You find thousands of videos on the Lund University YouTube channel about research, events and exciting findings. The most popular videos have been around for a couple of years, but still show incredible findings and research about, for example, the mummy of a 17th century bishop, the world’s fastest camera and a walk through a house from Pompeii.

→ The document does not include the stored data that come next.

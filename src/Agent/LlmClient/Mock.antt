-- ===== src/Agent/LlmClient/Mock.antt =====
-- MockLLMClient of enclave/agent/llm_client.py, for responses that are lists of blocks or whole
-- responses. Of the responses that are texts only the one behind the last is modelled, with the blocks
-- that its tags give.
pub mod Laws
use agentic_ai_tee.Base.{
  ℕ, zero, suc, ◌+◌, ◌*◌, Bool, Option, none, some, List, [], ◌∷◌, ◌++◌, if◌then◌else◌, any, length,
  drop, Text, codes, newline,
}
use agentic_ai_tee.Base.Result.{ok}
use agentic_ai_tee.Agent.Models.{ContentBlock, text_block, LlmResponse, is_tool_use}
use agentic_ai_tee.Agent.Controller.State.{LlmRequest, Llm}

pub data MockResponse : Type 0 where
  whole : LlmResponse → MockResponse
  block_list : List ContentBlock → MockResponse

pub record MockLlmClient : Type 0 where
  pub responses : List MockResponse
  pub call_count : ℕ
  pub calls : List LlmRequest

unfoldable pub new_mock : List MockResponse → MockLlmClient
new_mock responses = record { responses = responses; call_count = 0; calls = [] }

-- the text that stands for the end of a task
abbrev pub completed_text : Text
completed_text =
    codes "<thinking>All steps complete.</thinking>"
    ++ (newline
        ++ (codes "<task_complete>"
            ++ (newline
                ++ (codes "  <summary>Task completed successfully.</summary>"
                    ++ (newline ++ codes "</task_complete>")))))

-- `self._responses[self._call_count]`, if there is one
unfoldable pub scripted : List MockResponse → ℕ → Option MockResponse
scripted [] n = none
scripted (r ∷ rs) zero = some r
scripted (r ∷ rs) (suc n) = scripted rs n

unfoldable pub mock_response : Option MockResponse → ℕ → LlmResponse
mock_response (some (whole response)) messages = response
mock_response (some (block_list bs)) messages = record {
  content = bs;
  input_tokens = 100 * messages;
  output_tokens = 10;
  latency_ms = 50;
  stop_reason = if any is_tool_use bs then codes "tool_use" else codes "end_turn";
}
mock_response none messages = record {
  content =
      text_block (codes "All steps complete.")
      ∷ text_block (codes "Task completed successfully.")
      ∷ [];
  input_tokens = 100 * messages;
  output_tokens = length completed_text;
  latency_ms = 50;
  stop_reason = codes "end_turn";
}

-- `call`
unfoldable pub mock_call : Llm MockLlmClient
mock_call q mock = (
  ok (mock_response (scripted mock.responses mock.call_count) (length q.messages)),
  [],
  record mock { call_count = mock.call_count + 1; calls = mock.calls ++ (q ∷ []) },
)
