-- ===== src/Agent/LlmClient/Mock/Laws.antt =====
-- A task that the mock client runs without a script.
use agentic_ai_tee.Base.{
  ℕ, ◌≤◌, ◌<◌, ◌≡◌, ◌⊎◌, refl, ap, inl, inr, true, false, List, [], ◌∷◌, ◌++◌, length, Text, codes,
  newline, arith,
}
use agentic_ai_tee.Agent.Models.{
  LlmResponse, StepEvent, TaskRequest, has_tool_use, response_text, block_texts,
}
use agentic_ai_tee.Tools.Router.{Format}
use agentic_ai_tee.Agent.Controller.State.{Controller, total_cost}
use agentic_ai_tee.Agent.Controller.Loop.{
  run_task, final_step, or_default, default_max_steps, default_max_cost,
}
use agentic_ai_tee.Agent.Controller.Loop.View.{View}
use agentic_ai_tee.Agent.Controller.Loop.Kept.{IsKept, run_task-Kept}
use agentic_ai_tee.Agent.Controller.Loop.Budget.{or_default_pos}
use agentic_ai_tee.Agent.LlmClient.Mock.{
  MockLlmClient, new_mock, mock_call, mock_response, scripted,
}

abbrev pub end_text : Text
end_text = codes "All steps complete." ++ (newline ++ codes "Task completed successfully.")

module _ (F : Format) (sha3 : Text → Text) {W : Type 0} (C : Controller MockLlmClient W)
    (mock : C.llm ≡ mock_call) (task : TaskRequest) (system_prompt : Text) where
  abbrev Start : ℕ → View MockLlmClient → Type 0
  Start n v = (n ≡ 1) × (v.steps ≡ []) × (v.llm_state ≡ new_mock [])

  abbrev Ended : ℕ → LlmResponse → View MockLlmClient → Type 0
  Ended n response v =
      (response_text response ≡ end_text) × (has_tool_use response ≡ false) × (v.steps ≡ [])

  nothing_over :
      (n : ℕ) (v : View MockLlmClient)
      → Start n v
      → (or_default task.max_steps default_max_steps < n)
        ⊎ (or_default task.budget_usd default_max_cost ≤ total_cost v.steps)
      → ⊥
  nothing_over n v h (inl past) =
      omega (arith, h.0, past, or_default_pos task.max_steps default_max_steps (omega arith))
  nothing_over n v h (inr spent) = omega (
    arith,
    spent,
    ap total_cost h.1,
    or_default_pos task.budget_usd default_max_cost (omega arith),
  )

  mock_kept :
      IsKept F sha3 C task system_prompt
        (or_default task.max_steps default_max_steps)
        (or_default task.budget_usd default_max_cost)
        Start
        Ended
        (λ result v.
          (result.success ≡ true) × (result.summary ≡ end_text) × (length result.steps ≡ 1))
        (λ s v. ⊥)
  unfolding mock_call mock_response scripted new_mock response_text has_tool_use block_texts
  mock_kept = record {
    planned = λ n v early h left. rw (mock, h.2) (refl, refl, h.1);
    done = λ n response v k last.
        (refl, k.0, ap (λ ss. length (ss ++ (final_step n response ∷ []))) k.2);
    stopped = λ n response v w s k uses stops. absurd (cc);
    ran = λ n response v os k uses e. absurd (cc);
    over = λ n v summary error_text h why. absurd (nothing_over n v h why);
  }

  -- The mock client ends a task for which it has no script at once: whatever the task, it succeeds in
  -- one step, with the standard summary.
  pub run_task_mock :
      (events : List StepEvent) (w : W)
      → let result = (run_task F sha3 C task system_prompt events (new_mock []) w).0 in
        (result.success ≡ true) × (result.summary ≡ end_text) × (length result.steps ≡ 1)
  run_task_mock events w =
      run_task-Kept F sha3 C task system_prompt _ _ _ _
        (λ result v.
          (result.success ≡ true) × (result.summary ≡ end_text) × (length result.steps ≡ 1))
        mock_kept (λ result v h. h) (λ s v summary error_text h. absurd h) events (new_mock []) w
        (refl, refl, refl)
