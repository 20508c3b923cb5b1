-- ===== src/Vsock/Protocol.antt =====
-- enclave/vsock/protocol.py: frames of a little-endian length and a JSON payload.
-- The `json` module is a parameter; bytes are numbers below 256, and a stream reader is the list
-- of the bytes that still arrive before the peer closes.
pub mod Codec
pub mod Header
pub mod RoundTrip
pub mod Limits
pub mod Tests
use agentic_ai_tee.Base.{
  ℕ, ◌+◌, ◌-◌, ◌*◌, ◌/◌, ◌%◌, ◌^◌, Bool, true, false, Option, none, some, List, [], ◌∷◌, ◌++◌, ltb,
  ◌==◌, if◌then◌else◌, length, take, drop, slice, Value, dict, str, Fields, end, field,
  get_field_or, codes,
}
use agentic_ai_tee.Base.Result.{Result, ok, err}
use Codec.{Bytes, JsonCodec}

abbrev pub max_message_size : ℕ
max_message_size = 16 * 1024 * 1024

abbrev pub header_size : ℕ
header_size = 4

-- `from_dict` checks no types, so the fields hold any value.
pub record MessageFrame : Type 0 where
  pub msg_type : Value
  pub payload : Value
  pub request_id : Value

unfoldable pub to_dict : MessageFrame → Fields
to_dict m =
    field (codes "msg_type") m.msg_type
      (field (codes "payload") m.payload (field (codes "request_id") m.request_id end))

unfoldable pub from_dict : Fields → MessageFrame
from_dict d = record {
  msg_type = get_field_or d (codes "msg_type") (str []);
  payload = get_field_or d (codes "payload") (dict end);
  request_id = get_field_or d (codes "request_id") (str []);
}

-- `FramingError`, one constructor for each message with what it shows.
pub data FramingError : Type 0 where
  message_too_large : ℕ → FramingError
  header_too_short : ℕ → FramingError
  declared_too_large : ℕ → FramingError
  incomplete_message : ℕ → ℕ → FramingError
  invalid_json : FramingError
  not_an_object : FramingError
  empty_payload : FramingError

pub data SendError : Type 0 where
  framing : FramingError → SendError
  -- `json.dumps` raised
  unserializable : SendError

pub data ReadError : Type 0 where
  framing : FramingError → ReadError
  -- `asyncio.IncompleteReadError`
  incomplete_read : ReadError

-- `struct.pack("<I", n)`
unfoldable pub pack_le : ℕ → Bytes
pack_le n = n % 256 ∷ n / 256 % 256 ∷ n / 65536 % 256 ∷ n / 16777216 % 256 ∷ []

-- `struct.unpack("<I", b)[0]`, on the four bytes that both callers slice
unfoldable pub unpack_le : Bytes → ℕ
unpack_le (a ∷ b ∷ c ∷ d ∷ []) = a + 256 * b + 65536 * c + 16777216 * d
unpack_le _ = 0

-- A coroutine over the stream reader, which may raise.
abbrev pub Reader : Type 0 → Type 0
Reader A = Bytes → Result ReadError A × Bytes

infixl 5 ◌>>=◌
abbrev pub ◌>>=◌ : {A B : Type 0} → Reader A → (A → Reader B) → Reader B
◌>>=◌ m f s = let (r, s') = m s in elim r [ ok a ↦ f a s' | err e ↦ (err e, s') ]

abbrev pub return : {A : Type 0} → A → Reader A
return a s = (ok a, s)

abbrev pub fail : {A : Type 0} → FramingError → Reader A
fail e s = (err (ReadError.framing e), s)

abbrev pub lift : {A : Type 0} → Result FramingError A → Reader A
lift (ok a) s = (ok a, s)
lift (err e) s = (err (ReadError.framing e), s)

-- `StreamReader.readexactly(n)`: at the end of the stream what was there is gone.
unfoldable pub read_exactly : ℕ → Reader Bytes
read_exactly n s = if ltb (length s) n then (err incomplete_read, []) else (ok (take n s), drop n s)

module _ (J : JsonCodec) where
  unfoldable pub encode_frame : MessageFrame → Result SendError Bytes
  encode_frame msg = elim (J.dumps (to_dict msg)) [
    | none ↦ err unserializable
    | some payload_bytes ↦
        if ltb max_message_size (length payload_bytes)
        then err (SendError.framing (message_too_large (length payload_bytes)))
        else ok (pack_le (length payload_bytes) ++ payload_bytes)
  ]

  -- the end of `decode_frame` and of `read_frame`
  unfoldable pub parse_payload : Bytes → Result FramingError MessageFrame
  parse_payload payload_bytes = elim (J.loads payload_bytes) [
    | none ↦ err invalid_json
    | some (dict payload_dict) ↦ ok (from_dict payload_dict)
    | some _ ↦ err not_an_object
  ]

  unfoldable pub decode_frame : Bytes → Result FramingError MessageFrame
  decode_frame data_bytes =
      if ltb (length data_bytes) header_size
      then err (header_too_short (length data_bytes))
      else let payload_length = unpack_le (take header_size data_bytes) in
        if ltb max_message_size payload_length
        then err (declared_too_large payload_length)
        else if ltb (length data_bytes) (header_size + payload_length)
        then err (incomplete_message (header_size + payload_length) (length data_bytes))
        else parse_payload (slice header_size (header_size + payload_length) data_bytes)

  -- `read_frame` after its header, on the declared length
  unfoldable pub read_payload : ℕ → Reader MessageFrame
  read_payload payload_length =
      if ltb max_message_size payload_length
      then fail (declared_too_large payload_length)
      else if payload_length == 0
      then fail empty_payload
      else (do payload_bytes ← read_exactly payload_length; lift (parse_payload payload_bytes))

  unfoldable pub read_frame : Reader MessageFrame
  read_frame = do header ← read_exactly header_size; read_payload (unpack_le header)

  -- The writer is what was written to it.
  unfoldable pub write_frame : Bytes → MessageFrame → Result SendError (Unit {0}) × Bytes
  write_frame writer msg = elim (encode_frame msg) [
    | err e ↦ (err e, writer)
    | ok frame_bytes ↦ (ok tt, writer ++ frame_bytes)
  ]
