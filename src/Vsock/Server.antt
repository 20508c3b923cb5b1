-- ===== src/Vsock/Server.antt =====
-- enclave/vsock/server.py: one connection of VsockServer. A wait of 30 seconds for a frame sees what
-- arrived until it ends; a script lists the waits.
pub mod Laws
pub mod Tests
use agentic_ai_tee.Base.{
  ℕ, Bool, true, false, Option, none, some, List, [], ◌∷◌, ◌++◌, if◌then◌else◌, ◌==◌, ltb, length,
  take, drop, Text, codes, Value, str, list, dict, Fields, end, field,
}
use agentic_ai_tee.Base.Result.{Result, ok, err}
use agentic_ai_tee.Base.Dict
use agentic_ai_tee.Base.Dict.{Dict}
use agentic_ai_tee.Vsock.Protocol.Codec.{Bytes, JsonCodec}
use agentic_ai_tee.Vsock.Protocol.{
  MessageFrame, FramingError, SendError, declared_too_large, empty_payload, max_message_size,
  header_size, unpack_le, parse_payload, write_frame,
}

-- What a wait sees: the shutdown event in front of it, the bytes that arrive during it, and whether
-- the client closed its side.
pub record Wait : Type 0 where
  pub shutdown : Bool
  pub arrived : Bytes
  pub closed : Bool

pub data Attempt : Type 0 where
  got : MessageFrame → Attempt
  timed_out : Attempt
  incomplete : Attempt
  malformed : FramingError → Attempt

-- A handler of a message, over the state of the service, which may write to the stream itself.
abbrev pub Handler : Type 0 → Type 0
Handler H = MessageFrame → Bytes → H → Result Text (Option MessageFrame) × Bytes × H

-- How the loop ends: by the shutdown event, with a client that left, or with an exception that
-- closes the connection; or the script of waits is at its end.
pub data Closing : Type 0 where
  shut_down : Closing
  client_left : Closing
  bad_frame : FramingError → Closing
  unhashable_type : Closing
  unsendable : SendError → Closing
  still_open : Closing

pub record Connection (H : Type 0) : Type 0 where
  pub buffer : Bytes
  pub written : Bytes
  pub service : H

module _ (J : JsonCodec) where
  -- `await asyncio.wait_for(read_frame(reader), timeout=30.0)` on the bytes that are there when it
  -- ends. Where it ends early, the header that was read is gone.
  abbrev pub parsed : Result FramingError MessageFrame → Attempt
  parsed (ok msg) = got msg
  parsed (err e) = malformed e

  unfoldable pub read_body : Bool → ℕ → Bytes → Attempt × Bytes
  read_body closed payload_length s =
      if ltb max_message_size payload_length
      then (malformed (declared_too_large payload_length), s)
      else if payload_length == 0
      then (malformed empty_payload, s)
      else if ltb (length s) payload_length
      then (if closed then (incomplete, []) else (timed_out, s))
      else (parsed (parse_payload J (take payload_length s)), drop payload_length s)

  unfoldable pub read_within : Bool → Bytes → Attempt × Bytes
  read_within closed s =
      if ltb (length s) header_size
      then (if closed then (incomplete, []) else (timed_out, s))
      else read_body closed (unpack_le (take header_size s)) (drop header_size s)

abbrev pub error_frame : Text → Value → MessageFrame
error_frame message request_id = record {
  msg_type = str (codes "error");
  payload = dict (field (codes "error") (str message) end);
  request_id = request_id;
}

-- `show` is Python's `str` of a value.
module _ (J : JsonCodec) (show : Value → Text) {H : Type 0} (handlers : Dict (Handler H)) where
  -- `self._handlers.get(msg.msg_type)`: a list or a dict is no key and raises.
  unfoldable pub find_handler : Value → Option (Option (Handler H))
  find_handler (str t) = some (Dict.get handlers t)
  find_handler (list vs) = none
  find_handler (dict d) = none
  find_handler _ = some none

  -- The response to a message, by its handler.
  unfoldable pub respond :
      Option (Handler H) → MessageFrame → Bytes → H → Option MessageFrame × Bytes × H
  respond none msg written h = (
    some (error_frame (codes "Unknown message type: " ++ show msg.msg_type) msg.request_id),
    written,
    h,
  )
  respond (some handler) msg written h =
      let (result, written', h') = handler msg written h in
      (
        elim result [
          | ok response ↦ response
          | err message ↦ some (error_frame (codes "Handler error: " ++ message) msg.request_id)
        ],
        written',
        h',
      )

  -- `if response is not None: await write_frame(writer, response)`
  unfoldable pub send_response : Option MessageFrame → Bytes → Result SendError (Unit {0}) × Bytes
  send_response none written = (ok tt, written)
  send_response (some response) written = write_frame J written response

  -- The body of the loop behind a message; the error ends the loop.
  unfoldable pub answer : MessageFrame → Bytes → H → Result Closing (Unit {0}) × Bytes × H
  answer msg written h = elim (find_handler msg.msg_type) [
    | none ↦ (err unhashable_type, written, h)
    | some handler ↦
        let (response, written', h') = respond handler msg written h in
        let (sent, written'') = send_response response written' in
        (elim sent [ ok u ↦ ok tt | err e ↦ err (unsendable e) ], written'', h')
  ]

  -- One pass of the loop: `none` goes on.
  unfoldable pub after_attempt : Attempt → Bytes → Connection H → Option Closing × Connection H
  after_attempt timed_out s c = (none, record c { buffer = s })
  after_attempt incomplete s c = (some client_left, record c { buffer = s })
  after_attempt (malformed e) s c = (some (bad_frame e), record c { buffer = s })
  after_attempt (got msg) s c =
      let (done, written, h) = answer msg c.written c.service in
      (
        elim done [ ok u ↦ none | err closing ↦ some closing ],
        record { buffer = s; written = written; service = h },
      )

  unfoldable pub serve_once : Wait → Connection H → Option Closing × Connection H
  serve_once w c =
      if w.shutdown
      then (some shut_down, c)
      else let (attempt, s) = read_within J w.closed (c.buffer ++ w.arrived) in
        after_attempt attempt s c

  -- `_handle_connection`
  unfoldable pub handle_connection : List Wait → Connection H → Closing × Connection H
  handle_connection [] c = (still_open, c)
  handle_connection (w ∷ ws) c =
      let (ended, c') = serve_once w c in
      elim ended [ none ↦ handle_connection ws c' | some closing ↦ (closing, c') ]
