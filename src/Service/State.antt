-- ===== src/Service/State.antt =====
-- enclave/main.py: the configuration of EnclaveService and the state that its handlers share. Values of
-- a payload that have other types than the host sends are none, whether the code raises on them or
-- passes them along.
use agentic_ai_tee.Base.{
  ℕ, Bool, true, false, not, Option, none, some, List, [], ◌∷◌, ◌++◌, if◌then◌else◌, ◌==◌, is_empty,
  map, keep, Text, strip, Value, Fields, str, int, pos, get_field,
}
use agentic_ai_tee.Agent.Models.{StepEvent}
use agentic_ai_tee.Agent.LlmClient.Providers.{Client}
use agentic_ai_tee.Memory.StateDb.{Db}

-- The fields of EnclaveConfig that the handlers read or change. A number of dollars is in millionths,
-- a time in milliseconds.
pub record Config : Type 0 where
  pub llm_provider : Text
  pub llm_model : Text
  pub llm_base_url : Text
  pub llm_api_key : Text
  pub openai_api_key : Text
  pub google_api_key : Text
  pub openrouter_api_key : Text
  pub groq_api_key : Text
  pub ollama_base_url : Text
  pub default_max_steps : ℕ
  pub default_timeout : ℕ
  pub default_budget : ℕ
  pub domain_allowlist_str : Text
  pub use_vsock : Bool

-- `s.split(",")`, with the piece that is being read
abbrev split_from : Text → Text → List Text
split_from piece [] = piece ∷ []
split_from piece (c ∷ t) = elim (c == b',') [
  | true ↦ piece ∷ split_from [] t
  | false ↦ split_from (piece ++ (c ∷ [])) t
]

unfoldable pub split_commas : Text → List Text
split_commas t = split_from [] t

-- `EnclaveConfig.domain_allowlist`
unfoldable pub domain_allowlist : Config → Option (List Text)
domain_allowlist config =
    if is_empty config.domain_allowlist_str
    then none
    else some (
        map strip (keep (λ d. not (is_empty (strip d))) (split_commas config.domain_allowlist_str)))

-- What the handlers share: the configuration, the database, the client behind the planner, the events
-- of the controller, and the states of the language model and of the tools' world.
pub record State (L W : Type 0) : Type 0 where
  pub config : Config
  pub db : Db
  pub client : Client
  pub events : List StepEvent
  pub llm_state : L
  pub world : W

-- `payload.get(key, default)` for a text and for a number
unfoldable pub text_or : Fields → Text → Text → Option Text
text_or payload key default = elim (get_field payload key) [
  | none ↦ some default
  | some (str t) ↦ some t
  | some _ ↦ none
]

abbrev pub count_of : Value → Option ℕ
count_of (int (pos n)) = some n
count_of _ = none

unfoldable pub number_or : (Value → Option ℕ) → Fields → Text → ℕ → Option ℕ
number_or read payload key default = elim (get_field payload key) [
  | none ↦ some default
  | some v ↦ read v
]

1. “Astonishingly” well-preserved 17th century mummy found

Photo of the mummy of bishop Peder Winstrup

One of Europe’s most well-preserved 17th century mummies was discovered in Lund, Sweden. By examining the mummy of bishop Peder Winstrup, researchers at Lund University shed some light on the medical and historical mysteries of everyday life in the 1600s. Click on the photo to watch the video on YouTube.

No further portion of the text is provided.